#### [Records to process]
'''

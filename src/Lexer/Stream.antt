-- ===== src/Lexer/Stream.antt =====
-- Whatever the order of the steps of the lexer's threads, they push words, and then one mark.
use becoming_an_elite_engine.Base.{
  ℕ, suc, ◌-◌, ◌≤◌, ◌≡◌, ◌⊎◌, inl, inr, refl, subst, true, false, some, List, [], ◌∷◌, ◌++◌, All,
  All-append, All-get_elem?, get_elem?, ◌==◌, if◌then◌else◌, arith, Bool-cases,
}
use becoming_an_elite_engine.Lexer.Text.{Text}
use becoming_an_elite_engine.Lexer.Split.{IsWord, tokens_lem}
use becoming_an_elite_engine.Lexer.Shutdown.{
  Worker, testing, waiting, emitting, leaving, closing, marking, finished, Shared, all_finished,
  move, Step, go_on, give_up, take_pill, take_line, emit, next_round, count_down, close,
  closed_already, mark, queue_line, stop, stop_close, stop_closed_already, stop_mark, Reachable,
  start, after,
}
use becoming_an_elite_engine.Lexer.Sound.{
  is_active, is_closing, is_marking, flag, total, total-set, WordsLeft, IsStream, IsSound, All-set,
  IsSound-lines, IsSound-move, open_stream,
}

module _ (stop_set : List Text) where
  finished-total :
      (ws : List Worker)
      → all_finished ws ≡ true
      → (total is_active ws ≡ 0) × (total is_closing ws ≡ 0) × (total is_marking ws ≡ 0)
  finished-total [] h = (refl, refl, refl)
  finished-total (finished ∷ ws) h = ground (arith, finished-total ws h)
  finished-total (testing ∷ ws) h = absurd (cc)
  finished-total (waiting ∷ ws) h = absurd (cc)
  finished-total (emitting ts ∷ ws) h = absurd (cc)
  finished-total (leaving ∷ ws) h = absurd (cc)
  finished-total (closing ∷ ws) h = absurd (cc)
  finished-total (marking ∷ ws) h = absurd (cc)

  IsSound-emit :
      (s : Shared) (i : ℕ) (t : Text) (ts : List Text)
      → IsSound stop_set s
      → get_elem? s.workers i ≡ some (emitting (t ∷ ts))
      → IsSound stop_set (record (move s i (emitting ts)) { pushed = s.pushed ++ (t ∷ []) })
  IsSound-emit s i t ts h e =
      let moved =
        IsSound-move stop_set s i (emitting (t ∷ ts)) (emitting ts) h e refl refl refl
          (All-get_elem? (WordsLeft stop_set) s.workers i h.left e).1 in
      let (flag_down, none_closing, fresh) =
        open_stream stop_set s i (emitting (t ∷ ts)) h e refl in
      record {
        counted = moved.counted;
        quiet = moved.quiet;
        pending = moved.pending;
        marks = 0;
        marked = omega (arith, moved.marked, flag_down);
        idle = moved.idle;
        stream =
            All-append _ s.pushed (t ∷ []) fresh
              ((All-get_elem? (WordsLeft stop_set) s.workers i h.left e).0, tt);
        left = moved.left;
      }

  IsSound-count_down :
      (s : Shared) (i : ℕ)
      → IsSound stop_set s
      → get_elem? s.workers i ≡ some leaving
      → IsSound stop_set (record (move s i (if s.active == 1 then closing else finished)) {
        active = s.active - 1;
      })
  IsSound-count_down s i h e =
      let new = if s.active == 1 then closing else finished in
      let active = total-set is_active s.workers i leaving new e in
      let closing_now = total-set is_closing s.workers i leaving new e in
      let marking_now = total-set is_marking s.workers i leaving new e in
      let (flag_down, none_closing, fresh) = open_stream stop_set s i leaving h e refl in
      record {
        counted = ground (arith, h.counted, active);
        quiet = ground (arith, flag_down, none_closing, closing_now, h.counted, active);
        pending = ground (arith, h.counted, active, closing_now);
        marks = 0;
        marked = ground (arith, h.marked, marking_now, flag_down);
        idle = h.idle;
        stream = fresh;
        left = All-set stop_set (WordsLeft stop_set) s.workers i new h.left (ground arith);
      }

  IsSound-close :
      (s : Shared) (i : ℕ)
      → IsSound stop_set s
      → get_elem? s.workers i ≡ some closing
      → s.closed ≡ false
      → IsSound stop_set (record (move s i marking) { closed = true })
  IsSound-close s i h e down =
      let active = total-set is_active s.workers i closing marking e in
      let closing_now = total-set is_closing s.workers i closing marking e in
      let marking_now = total-set is_marking s.workers i closing marking e in
      record {
        counted = omega (arith, h.counted);
        quiet = inl (ground (arith, h.quiet, closing_now));
        pending = omega arith;
        marks = h.marks;
        marked = ground (arith, h.marked, marking_now, down);
        idle = h.idle;
        stream = h.stream;
        left = All-set stop_set (WordsLeft stop_set) s.workers i marking h.left tt;
      }

  IsSound-closed_already :
      (s : Shared) (i : ℕ)
      → IsSound stop_set s
      → get_elem? s.workers i ≡ some closing
      → s.closed ≡ true
      → IsSound stop_set (move s i finished)
  IsSound-closed_already s i h e up =
      let active = total-set is_active s.workers i closing finished e in
      let closing_now = total-set is_closing s.workers i closing finished e in
      let marking_now = total-set is_marking s.workers i closing finished e in
      record {
        counted = omega (arith, h.counted);
        quiet = inl (ground (arith, h.quiet, closing_now));
        pending = ground (arith, up);
        marks = h.marks;
        marked = omega (arith, h.marked);
        idle = h.idle;
        stream = h.stream;
        left = All-set stop_set (WordsLeft stop_set) s.workers i finished h.left tt;
      }

  IsSound-mark :
      (s : Shared) (i : ℕ)
      → IsSound stop_set s
      → get_elem? s.workers i ≡ some marking
      → IsSound stop_set (record (move s i finished) { pushed = s.pushed ++ ([] ∷ []) })
  IsSound-mark s i h e =
      let active = total-set is_active s.workers i marking finished e in
      let closing_now = total-set is_closing s.workers i marking finished e in
      let marking_now = total-set is_marking s.workers i marking finished e in
      record {
        counted = omega (arith, h.counted);
        quiet = ground (arith, h.quiet, closing_now);
        pending = omega (arith, h.pending);
        marks = suc h.marks;
        marked = omega (arith, h.marked);
        idle = h.idle;
        stream = (s.pushed, refl, h.stream);
        left = All-set stop_set (WordsLeft stop_set) s.workers i finished h.left tt;
      }

  -- Once all workers are done one of them has closed the queue.
  closed_by_worker :
      (s : Shared) → IsSound stop_set s → all_finished s.workers ≡ true → flag s.closed ≡ 1
  closed_by_worker s h done =
      let (a, c, m) = finished-total s.workers done in ground (arith, h.pending, h.counted, a, c)

  IsSound-step : (s s' : Shared) → Step stop_set s s' → IsSound stop_set s → IsSound stop_set s'
  IsSound-step s s' (go_on _ i e _) h =
      IsSound-move stop_set s i testing waiting h e refl refl refl tt
  IsSound-step s s' (give_up _ i e _) h =
      IsSound-move stop_set s i testing leaving h e refl refl refl tt
  IsSound-step s s' (take_pill _ i rest e _) h =
      IsSound-lines stop_set _ s.running rest
        (IsSound-move stop_set s i waiting leaving h e refl refl refl tt)
  IsSound-step s s' (take_line _ i l rest ts e _ _ cut) h =
      let (ws, cut', _, words) = tokens_lem stop_set l.line in
      let same : ws ≡ ts = ground (arith, cut, cut') in
      IsSound-lines stop_set _ s.running rest (
        IsSound-move stop_set s i waiting (emitting ts) h e refl refl refl
          (subst (All (IsWord stop_set)) same words))
  IsSound-step s s' (emit _ i t ts e) h = IsSound-emit s i t ts h e
  IsSound-step s s' (next_round _ i e) h =
      IsSound-move stop_set s i (emitting []) testing h e refl refl refl tt
  IsSound-step s s' (count_down _ i e) h = IsSound-count_down s i h e
  IsSound-step s s' (close _ i e down) h = IsSound-close s i h e down
  IsSound-step s s' (closed_already _ i e up) h = IsSound-closed_already s i h e up
  IsSound-step s s' (mark _ i e) h = IsSound-mark s i h e
  IsSound-step s s' (queue_line _ l) h = IsSound-lines stop_set s s.running (s.lines ++ (l ∷ [])) h
  IsSound-step s s' (stop _) h = IsSound-lines stop_set s false s.lines h
  IsSound-step s s' (stop_close _ at done down) h =
      absurd (ground (arith, closed_by_worker s h done))
  IsSound-step s s' (stop_closed_already _ at done up) h = record {
    counted = h.counted;
    quiet = h.quiet;
    pending = h.pending;
    marks = h.marks;
    marked = omega (arith, h.marked, h.idle);
    idle = refl;
    stream = h.stream;
    left = h.left;
  }
  IsSound-step s s' (stop_mark _ at) h = absurd (ground (arith, h.idle))

  sound : (s : Shared) → Reachable stop_set s → IsSound stop_set s
  sound s start = record {
    counted = refl;
    quiet = inr refl;
    pending = omega arith;
    marks = 0;
    marked = refl;
    idle = refl;
    stream = tt;
    left = (tt, (tt, tt));
  }
  sound s (after s0 _ r step) = IsSound-step s0 s step (sound s0 r)

  -- In every state that the threads of the lexer can reach from the start, they have pushed words
  -- only, or words and then one mark of the end and nothing after it; and they have pushed the mark
  -- whenever all workers are done.
  pub stream-Reachable :
      (s : Shared)
      → Reachable stop_set s
      → (n : ℕ) × IsStream stop_set s.pushed n
        × (n ≤ 1)
        × ((n ≡ 1) ⊎ (all_finished s.workers ≡ false))
  stream-Reachable s r =
      let h = sound s r in
      (
        h.marks,
        h.stream,
        ground (arith, h.marked),
        elim (Bool-cases (all_finished s.workers)) [
          | inl done ↦ inl (
              omega
                (arith, h.marked, h.idle, finished-total s.workers done, closed_by_worker s h done))
          | inr more ↦ inr more
        ],
      )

'''

#### [Your objective]
Count all lines of the data that include "Shared". The answer is the number alone.

#### [Task response]
10